Courtesy of The Smithsonian
February 17, 2010
Ah, the homeowners association, which dictates everything from the shape of your shrubs to the color of your house. Such meticulously planned communities are generally thought to be a modern phenomenon, but a recent archaeological excavation near England’s Hamme-on-Rye unearthed a 14th-century document that suggests otherwise:
|A covenant set to hand this Twelfth Day of June in the year of our Lord 1365 between the Manor by the Meadow Association of Freeholders and the owner in fee
symple. Whereas the owner hath entered into this covenant in order to enjoye the especial liffestyle offered by the Manor and to avoid all unnecessary discord, the owner doth hereby acknowledge and acquiesce to certaine rules to ensure the faithful and serene enjoyment of the properties hereby governed, to
Colour Of Abode
In the interests of achieving a pleasing harmony and a clene appearance for the community, the colour of the exterior of each abode shall not be changed without
leve. If leve be granted, the abode may then be peynted only with one of the following
colours: riverbed clay grey, cow dung brown or farm field burnt umber.
A balliff charged with keeping the peace is authorized to settle disputes both publick and
domestick. Manor hath further entered into contract with the Guild of Sorcerers to provide 24-hour, state-of-the-arte security to ward off the predations of trolls, hobgoblins and Frenchmen.

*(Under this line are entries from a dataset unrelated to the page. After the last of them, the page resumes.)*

-- ===== src/Sync/Tests/Waiting.antt =====
-- The theorems of the keys, the condition variables and the barriers at concrete threads.
use cross_shim.Base.{ℕ, ◌≡◌, refl, false, some, [], ◌∷◌, ◌+◌, ◌==◌, if◌then◌else◌, arith}
use cross_shim.Container.Dict.{lookup}
use cross_shim.Sync.{ThreadManager, EmulatedBarrier, returns, switches, is_blocked, contains}
use cross_shim.Sync.Wake.{Asleep}
use cross_shim.Sync.Keys.Isolation.{on_thread}
use cross_shim.Sync.Cond.{find_cond}
use cross_shim.Sync.Barrier.{pthread_barrier_init, pthread_barrier_wait, serial_thread}
use cross_shim.Sync.Barrier.Rounds.{arrivals, Counts, barrier_rounds}
use cross_shim.Sync.Tests.{awake, waiting, threads, thread_found}

-- Thread 3 waits on a condition variable.
abbrev with_cond : ThreadManager
with_cond = record threads { condvars = (640, 3 ∷ []) ∷ [] }

queue-Asleep : Asleep with_cond (3 ∷ [])
unfolding is_blocked contains
queue-Asleep = (waiting, thread_found, refl, refl, tt)

cond_found : lookup 640 with_cond.condvars ≡ some (3 ∷ [])
unfolding lookup
cond_found = refl

current_found : lookup threads.current_thread_id threads.threads ≡ some awake
unfolding lookup
current_found = refl

current_awake : is_blocked awake.state ≡ false
unfolding is_blocked
current_awake = refl

nobody_waits : find_cond threads 640 ≡ []
unfolding find_cond lookup
nobody_waits = refl

barrier_rounds_example :
    let s' = arrivals (pthread_barrier_init threads 700 2).0 700 (1 ∷ 2 ∷ 3 ∷ []) in
    (b : EmulatedBarrier) × (lookup 700 s'.barriers ≡ some b)
    × Counts 2 (1 ∷ 2 ∷ 3 ∷ []) b
    × ((t : ℕ)
        → (pthread_barrier_wait (on_thread s' t) 700).1
          ≡ (if b.waiting + 1 == 2 then returns serial_thread else switches))
barrier_rounds_example = barrier_rounds threads 700 2 (1 ∷ 2 ∷ 3 ∷ []) (omega arith) (omega arith)

-- Thread 3 waits at a barrier for two.
abbrev two_meet : EmulatedBarrier
two_meet = record { count = 2; waiting = 1; generation = 4; wait_queue = 3 ∷ [] }

abbrev with_barrier : ThreadManager
with_barrier = record threads { barriers = (700, two_meet) ∷ [] }

barrier_found : lookup 700 with_barrier.barriers ≡ some two_meet
unfolding lookup
barrier_found = refl
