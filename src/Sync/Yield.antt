-- ===== src/Sync/Yield.antt =====
-- The voluntary switches of src/thread_manager.cpp.
use cross_shim.Base.{ℕ, ◌/◌, ◌%◌, Bool, false, ◌&&◌, ◌||◌, Option, ◌==◌, if◌then◌else◌}
use cross_shim.Sync.{ThreadManager, IoOperation, io_wait, recv, recvfrom, sendto, update_current}
use cross_shim.Sync.Scheduler.{Host, thread_yield, in_hle}
use cross_shim.Sync.Switch.{context_switch}

-- In a handler the thread is to go on at its caller.
unfoldable pub yield : (ℕ → Host) → ThreadManager → Bool → Bool → ThreadManager
unfolding in_hle context_switch
yield hosts s set_pc_to_lr in_hle_handler =
    let s' =
      if set_pc_to_lr && (in_hle_handler || in_hle s.pc) then record s { pc = s.lr } else s in
    context_switch hosts s' thread_yield

unfoldable pub coop_yield : (ℕ → Host) → ThreadManager → ThreadManager
unfolding context_switch
coop_yield hosts s = context_switch hosts s thread_yield

-- POLLIN is 1 and POLLOUT is 4.
unfoldable pub operation_for : ℕ → IoOperation
operation_for events =
    if events % 2 == 1 then recvfrom else if events / 4 % 2 == 1 then sendto else recv

unfoldable pub block_on_io_and_yield :
    (ℕ → Host) → ThreadManager → Option ℕ → ℕ → Bool → ThreadManager
unfolding update_current operation_for yield
block_on_io_and_yield hosts s fd events in_hle_handler =
    let s' =
      update_current s
        (λ t. record t { state = io_wait; io_fd = fd; io_operation = operation_for events }) in
    yield hosts s' false in_hle_handler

The homeowners association is thought to be a modern phenomenon, but a recent archaeological excavation near England suggests otherwise.
Each abode shalt be provided with an exterior barrel. Said barrel must be kept full of water to assist in the dousing of fires whether started by the hand of man or mouth of dragon. Barrel water must not be used for drinking, bathing infants or drouning witches.

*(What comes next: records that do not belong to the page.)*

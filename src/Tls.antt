-- ===== src/Tls.antt =====
-- TlsManager of include/tls_manager.h and src/tls_manager.cpp: the thread-local block of the main
-- thread, over the memory of MemoryManager. The registers TPIDR_EL0 and X18 are fields of the state,
-- and an int is its 32-bit word.
pub mod Slots
mod Tests
use cross_shim.Base.{
  ℕ, ◌+◌, ◌*◌, ◌%◌, ◌^◌, Bool, true, false, Option, none, some, List, ◌==◌, if◌then◌else◌,
}
use cross_shim.Base.Word.{add64}
use cross_shim.Memory.{MemoryManager, read, write, zero_memory}
use cross_shim.Memory.Host.{Qemu}
use cross_shim.Memory.Words.{little_endian, from_bytes}

abbrev tls_start : ℕ
tls_start = 12 * 16 ^ 7

abbrev canary : ℕ
canary = 16045690984503098046

pub data TlsSlot : Type 0 where
  tls_slot_self tls_slot_thread_id tls_slot_errno tls_slot_opengl_api tls_slot_opengl
        tls_slot_stack_guard tls_slot_dtv tls_slot_bionic_tls :
      TlsSlot

unfoldable pub slot_number : TlsSlot → ℕ
slot_number tls_slot_self = 0
slot_number tls_slot_thread_id = 1
slot_number tls_slot_errno = 2
slot_number tls_slot_opengl_api = 3
slot_number tls_slot_opengl = 4
slot_number tls_slot_stack_guard = 5
slot_number tls_slot_dtv = 6
slot_number tls_slot_bionic_tls = 7

pub record TlsManager (G : Type 0) : Type 0 where
  pub memory : MemoryManager G
  pub tls_base : ℕ
  pub stack_guard : ℕ
  pub errno_location : ℕ
  pub tpidr_el0 : ℕ
  pub x18 : ℕ

-- The address of a slot.
unfoldable pub slot_address : {G : Type 0} → TlsManager G → TlsSlot → ℕ
slot_address t slot = add64 t.tls_base (slot_number slot * 8)

-- A variable that starts at 0, after a read into it.
unfoldable pub word_or_zero : Option (List ℕ) → ℕ
word_or_zero none = 0
word_or_zero (some bytes) = from_bytes bytes

module _ {G : Type 0} (q : Qemu G) where
  -- A write through the manager, with its result.
  unfoldable pub store_bytes : TlsManager G → ℕ → List ℕ → TlsManager G × Bool
  store_bytes t a bytes = elim (write q t.memory a bytes) [
    | none ↦ (t, false)
    | some m ↦ (record t { memory = m }, true)
  ]

  unfoldable pub set_slot : TlsManager G → TlsSlot → ℕ → TlsManager G × Bool
  unfolding store_bytes
  set_slot t slot value =
      if t.tls_base == 0
      then (t, false)
      else store_bytes t (slot_address t slot) (little_endian 8 value)

  unfoldable pub get_slot : TlsManager G → TlsSlot → ℕ
  get_slot t slot =
      if t.tls_base == 0 then 0 else word_or_zero (read q t.memory (slot_address t slot) 8)

  unfoldable pub set_errno : TlsManager G → ℕ → TlsManager G
  unfolding store_bytes
  set_errno t value =
      if t.errno_location == 0
      then t
      else (store_bytes t t.errno_location (little_endian 4 value)).0

  unfoldable pub get_errno : TlsManager G → ℕ
  get_errno t =
      if t.errno_location == 0 then 0 else word_or_zero (read q t.memory t.errno_location 4)

  -- What `initialize` does with memory, whatever its writes return.
  unfoldable pub initialize_block : TlsManager G → TlsManager G
  unfolding store_bytes set_slot
  initialize_block t =
      let t1 =
        (set_slot (record t { tls_base = tls_start; stack_guard = canary }) tls_slot_self
          tls_start).0 in
      let t2 = (set_slot t1 tls_slot_thread_id 1).0 in
      let location = add64 t2.tls_base 256 in
      let t3 = (set_slot (record t2 { errno_location = location }) tls_slot_errno location).0 in
      let t4 = record t3 { memory = (zero_memory q t3.memory t3.errno_location 4).0 } in
      let t5 = (set_slot t4 tls_slot_stack_guard t4.stack_guard).0 in
      (store_bytes t5 (add64 t5.tls_base 48) (little_endian 8 t5.stack_guard)).0

  -- The registers are only written if there is a processor.
  unfoldable pub initialize : Bool → TlsManager G → TlsManager G × Bool
  unfolding initialize_block
  initialize has_cpu t =
      let t' = initialize_block t in
      let pointer = add64 tls_start 8 in
      (if has_cpu then record t' { tpidr_el0 = pointer; x18 = pointer } else t', true)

Manor hath provided torches throughout the community for the convenience of all. However, all torches must be extinguished by curfew and not reignited until the following dusk so as not to obscure viewing of God’s celestial firmament.
Manor doth operate a clinic at the barbershoppe to provide physic and the healing artes to all residents. Bledeing, leeches and the treatment of excess humours are available upon request. Herbes and medicines will be administered to those possessed of the supplementary potion plan. (Please note that neither exorcism nor treatment for curses is available on site.)
No owner is permitted to conduct a pryvat enterprise on the premises, whether as taverne keeper, trader in holy relics or seller of used oxcarts. Exceptions may be made for brewers and alchemists willing to share 30 percent of their production with the Association.
The owner shalt be permitted a garden wherein the following vegetables may be planted: oynouns, gourdes, garlec, lekes, letys and caboches. In addition, owners may cultivate herbes such as belladonna, nightshade and henbane for personal use—though the sale of such herbes is prohibited, owing to their properties for causing fevered hallucinations of the brain.
Manor shalt provide weekly entertainment at the Commons on behalf of all residents. Forthcoming events include a joust tournament, the Hamme-on-Rye performance of “Punch & Judy Fight in the Crusades,” the observational humour of the stand-up Jester, Otto the Corpulent, and an elucidating lecture by Sir Charles Wentworth, founder and co-chair of the Flat Earth Society.
Refuse shalt be removed on every Tuesday and Thursday. Homeowners should throw any mullok and other unwanted materials out of their windows to the footpath below. Barrels are available near the Commons for the recycling of parchment and chainmail.